Genau das stand in dieser Nacht zu befürchten, weshalb an Dienst nach Vorschrift natürlich nicht zu denken war. Bis 2 Uhr nachts verfolgte ich die Entwicklung, sammelte erste Reaktionen und musste bei jedem neuen Tweet oder jeder E-Mail mit dem Unvorstellbaren rechnen. Ich weiß noch, wie dankbar ich war, als sich irgendwann mein erfahrener Kollege Roman Wittemeier bei mir meldete und mir mit Rat und Tat zur Seite stand, obwohl er eigentlich frei hatte. Aber ganz alleine im Dienst fühlte ich mich in dieser Situation auch ein wenig hilflos.
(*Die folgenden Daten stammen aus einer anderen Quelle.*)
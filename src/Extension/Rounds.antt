-- ===== src/Extension/Rounds.antt =====
-- What a round of the network thread does to the session
-- (addon/extensions/task_force_radio_pipe/src/Voice/VoiceNetworkClient.cpp: threadMain).
use task_force_radio_standal.Base.{nat_eq}
use task_force_radio_standal.Base.{
  ltb, leb, ◌==◌, if◌then◌else◌, if_keeps, All, Text, is_empty, ℕ, ◌-◌, ◌≡◌, refl, sym, ap, ◌∙◌,
  Bool, true, ◌&&◌, ◌||◌, Option, none, some, List, ◌++◌,
}
use task_force_radio_standal.Float.{Float}
use task_force_radio_standal.Voice.Mixer.{remove_all_sources}
use task_force_radio_standal.Voice.Mixer.Kept.{AreFramed}
use task_force_radio_standal.Voice.Session.{Session, on_connection_state_changed}
use task_force_radio_standal.Voice.Network.{Event, Accept, Client}
use task_force_radio_standal.Voice.Network.Thread.{
  max_packets_per_pump, ping_interval, server_timeout, config_changed, set_connected, pump_receive,
  ping_server, close_connection, watch_server, serve, establish, connect_and_serve,
  reconnect_if_changed, thread_round,
}
use task_force_radio_standal.Voice.Network.Connection.{pump_loop-client}
use task_force_radio_standal.Extension.Threads.{is_forced, on_event, deliver}
use task_force_radio_standal.Extension.Linked.{
  IsPlain, pump_loop-ArePlain, ping_server-ArePlain, IsLinked,
}
use task_force_radio_standal.Extension.Delivered.{
  Linked, deliver-IsLinked, deliver-append, IsLinked-framed,
}
use mathlib.Core.Path.{subst}

module _ (fl : Float) where
  ping_server-client :
      (now : ℕ) (c : Client)
      → ((ping_server now c).1.connected ≡ c.connected)
        × ((ping_server now c).1.debug_force_audible ≡ c.debug_force_audible)
  unfolding ping_server
  ping_server-client now c =
      if_keeps {A = List Event × Client}
        (λ r. (r.1.connected ≡ c.connected) × (r.1.debug_force_audible ≡ c.debug_force_audible))
        (leb ping_interval (now - c.last_ping_time)) (λ _. (refl, refl)) (λ _. (refl, refl))

  -- What a part of a round leaves, behind its callbacks.
  Leaves : Bool → ℕ → Session fl → List Event × Client → Type 0
  Leaves f now s r = Linked fl r.1 (deliver fl f now r.0 s)

  close_connection-Leaves :
      (f : Bool) (now : ℕ) (c : Client) (s : Session fl) → Leaves f now s (close_connection c)
  unfolding Leaves deliver on_event on_connection_state_changed close_connection set_connected
      remove_all_sources
  close_connection-Leaves f now c s = (refl, refl, refl, refl, refl)

  watch_server-Leaves :
      (f : Bool) (now : ℕ) (c : Client) (s : Session fl)
      → Linked fl c s
      → Leaves f now s (watch_server now c)
  unfolding watch_server
  watch_server-Leaves f now c s h =
      if_keeps (Leaves f now s) (ltb server_timeout (now - c.last_recv_time))
        (λ _. close_connection-Leaves f now c s) (λ _. unfold Leaves deliver in h)

  as_up :
      (c : Client) (s : Session fl) (forced : Bool)
      → c.connected ≡ true
      → c.debug_force_audible ≡ forced
      → IsLinked fl true forced s
      → Linked fl c s
  as_up c s forced up debug h =
      subst (λ b. IsLinked fl b c.debug_force_audible s) (sym up)
        (subst (λ b. IsLinked fl true b s) (sym debug) h)

  pump_receive-ArePlain :
      (now : ℕ) (queue : List Text) (c : Client) → All IsPlain (pump_receive now queue c).0
  unfolding pump_receive
  pump_receive-ArePlain now queue c = pump_loop-ArePlain max_packets_per_pump now queue c

  pump_receive-client :
      (now : ℕ) (queue : List Text) (c : Client)
      → ((pump_receive now queue c).2.connected ≡ c.connected)
        × ((pump_receive now queue c).2.debug_force_audible ≡ c.debug_force_audible)
  unfolding pump_receive
  pump_receive-client now queue c =
      let (t, same) = pump_loop-client max_packets_per_pump now queue c in
      (ap (λ (d : Client). d.connected) same, ap (λ (d : Client). d.debug_force_audible) same)

  -- A round on a connection, from what the pump received.
  abbrev serve_received : ℕ → List Event × List Text × Client → List Event × List Text × Client
  serve_received now (received, queue, c) =
      let (pings, c2) = ping_server now c in
      let (lost, c3) = watch_server now c2 in (received ++ pings ++ lost, queue, c3)

  serve-serve_received :
      (now : ℕ) (queue : List Text) (c : Client)
      → serve now queue c ≡ serve_received now (pump_receive now queue c)
  unfolding serve
  serve-serve_received now queue c = refl

  serve_received-Linked :
      (f forced : Bool) (now : ℕ) (received : List Event) (queue : List Text) (c : Client)
      (s : Session fl)
      → All IsPlain received
      → c.connected ≡ true
      → c.debug_force_audible ≡ forced
      → IsLinked fl true forced s
      → let r = serve_received now (received, queue, c) in Linked fl r.2 (deliver fl f now r.0 s)
  serve_received-Linked f forced now received queue c s plain up debug h =
      let (pings, c2) = ping_server now c in
      let (lost, c3) = watch_server now c2 in
      let s1 = deliver fl f now received s in
      let s2 = deliver fl f now pings s1 in
      let (up2, debug2) = ping_server-client now c in
      let h1 = deliver-IsLinked fl forced f now received s plain h in
      let h2 = deliver-IsLinked fl forced f now pings s1 (ping_server-ArePlain now c) h1 in
      let linked = as_up c2 s2 forced (up2 ∙ up) (debug2 ∙ debug) h2 in
      subst (Linked fl c3)
        (sym (
          deliver-append fl f now (received ++ pings) lost s
          ∙ ap (deliver fl f now lost) (deliver-append fl f now received pings s)))
        (unfold Leaves in watch_server-Leaves f now c2 s2 linked)

  serve-Linked :
      (f : Bool) (now : ℕ) (queue : List Text) (c : Client) (s : Session fl)
      → c.connected ≡ true
      → IsLinked fl true c.debug_force_audible s
      → Linked fl (serve now queue c).2 (deliver fl f now (serve now queue c).0 s)
  serve-Linked f now queue c s up h =
      let r = pump_receive now queue c in
      let (same_up, same_debug) = pump_receive-client now queue c in
      subst (λ (r : List Event × List Text × Client). Linked fl r.2 (deliver fl f now r.0 s))
        (sym (serve-serve_received now queue c))
        (serve_received-Linked f c.debug_force_audible now r.0 r.1 r.2 s
          (pump_receive-ArePlain now queue c) (same_up ∙ up) same_debug h)

  establish-client :
      (a : Accept) (now : ℕ) (c : Client)
      → ((set_connected true (establish a now c)).1.connected ≡ true)
        × ((set_connected true (establish a now c)).1.debug_force_audible ≡ a.debug_audible)
  unfolding establish set_connected
  establish-client a now c = (refl, refl)

  -- The first callback of a connection that comes up.
  connected-IsLinked :
      (forced : Bool) (now : ℕ) (c : Client) (s : Session fl)
      → AreFramed fl s.mixer
      → IsLinked fl true forced (deliver fl forced now (set_connected true c).0 s)
  unfolding deliver on_event on_connection_state_changed set_connected
  connected-IsLinked forced now c s h = (refl, h)

  connect_and_serve-Linked :
      (reply : Option Accept) (now : ℕ) (queue : List Text) (c : Client) (s : Session fl)
      → Linked fl c s
      → let r = connect_and_serve reply now queue c in
        Linked fl r.2 (deliver fl (is_forced reply) now r.0 s)
  unfolding connect_and_serve
  connect_and_serve-Linked none now queue c s h = unfold deliver in h
  connect_and_serve-Linked (some a) now queue c s h =
      let (up, c1) = set_connected true (establish a now c) in
      let f = a.debug_audible in
      let (connected, debug) = establish-client a now c in
      let s1 = deliver fl f now up s in
      let h1 =
        connected-IsLinked f now (establish a now c) s
          (IsLinked-framed fl c.connected c.debug_force_audible s h) in
      let served =
        serve-Linked f now queue c1 s1 connected
          (subst (λ b. IsLinked fl true b s1) (sym debug) h1) in
      subst (Linked fl (serve now queue c1).2)
        (sym (deliver-append fl f now up (serve now queue c1).0 s)) served

  reconnect_if_changed-Leaves :
      (f : Bool) (now : ℕ) (c : Client) (s : Session fl)
      → Linked fl c s
      → Leaves f now s (reconnect_if_changed c)
  unfolding reconnect_if_changed
  reconnect_if_changed-Leaves f now c s h =
      if_keeps (Leaves f now s) (c.connected && config_changed c)
        (λ _. close_connection-Leaves f now c s) (λ _. unfold Leaves deliver in h)

  -- A round of the network thread, with its callbacks, keeps the session fitting the client.
  pub thread_round-Linked :
      (reply : Option Accept) (now : ℕ) (queue : List Text) (c : Client) (s : Session fl)
      → Linked fl c s
      → let r = thread_round reply now queue c in
        Linked fl r.2 (deliver fl (is_forced reply) now r.0 s)
  unfolding thread_round
  thread_round-Linked reply now queue c s h =
      let f = is_forced reply in
      let (closed, c1) = reconnect_if_changed c in
      let s1 = deliver fl f now closed s in
      let h1 : Linked fl c1 s1 = unfold Leaves in reconnect_if_changed-Leaves f now c s h in
      let P : List Event × List Text × Client → Type 0 =
        λ r. Linked fl r.2 (deliver fl f now r.0 s) in
      let P1 : List Event × List Text × Client → Type 0 =
        λ r. Linked fl r.2 (deliver fl f now r.0 s1) in
      let later : P1
          (if c1.connected then serve now queue c1 else connect_and_serve reply now queue c1) =
        if_keeps P1 c1.connected
          (λ up.
            serve-Linked f now queue c1 s1 up
              (subst (λ b. IsLinked fl b c1.debug_force_audible s1) up h1))
          (λ _. connect_and_serve-Linked reply now queue c1 s1 h1) in
      if_keeps P (is_empty c.config.host || c.config.port == 0) (λ _. unfold deliver in h)
        (λ _.
          subst
            (Linked fl
              (if c1.connected then serve now queue c1 else connect_and_serve reply now queue c1).2)
            (sym (deliver-append fl f now closed _ s)) later)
Irgendwann ging ich zu Bett, doch an Schlaf war erst einmal nicht zu denken, zu sehr hatten mich die Ereignisse dieses Tages aufgewühlt. Als ich nach einigen unruhigen Stunden aufwachte und mich wieder an die Arbeit machte, hoffte ich noch darauf, dass alles nur ein schlechter Traum gewesen sei. Doch diese Hoffnung wurde spätestens durch die Pressekonferenz der Ärzte zerstört.

Für manche Kollegen schämt man sich

Es folgten Tage des Hoffens und Bangens, Tage, in denen es natürlich bei uns nur ein Thema gab. Dennoch war die Berichterstattung nicht immer einfach. Verschiedene Mediziner äußerten sich in diesen Tagen zum Thema Schumacher, doch aus der Distanz und nur auf die offiziellen Informationen gestützt, konnten sie natürlich nur allgemeine Erklärungen abgeben. Immer wieder musste man daher sich daher darauf besinnen, diese Informationen in den richtigen Kontext zu setzen.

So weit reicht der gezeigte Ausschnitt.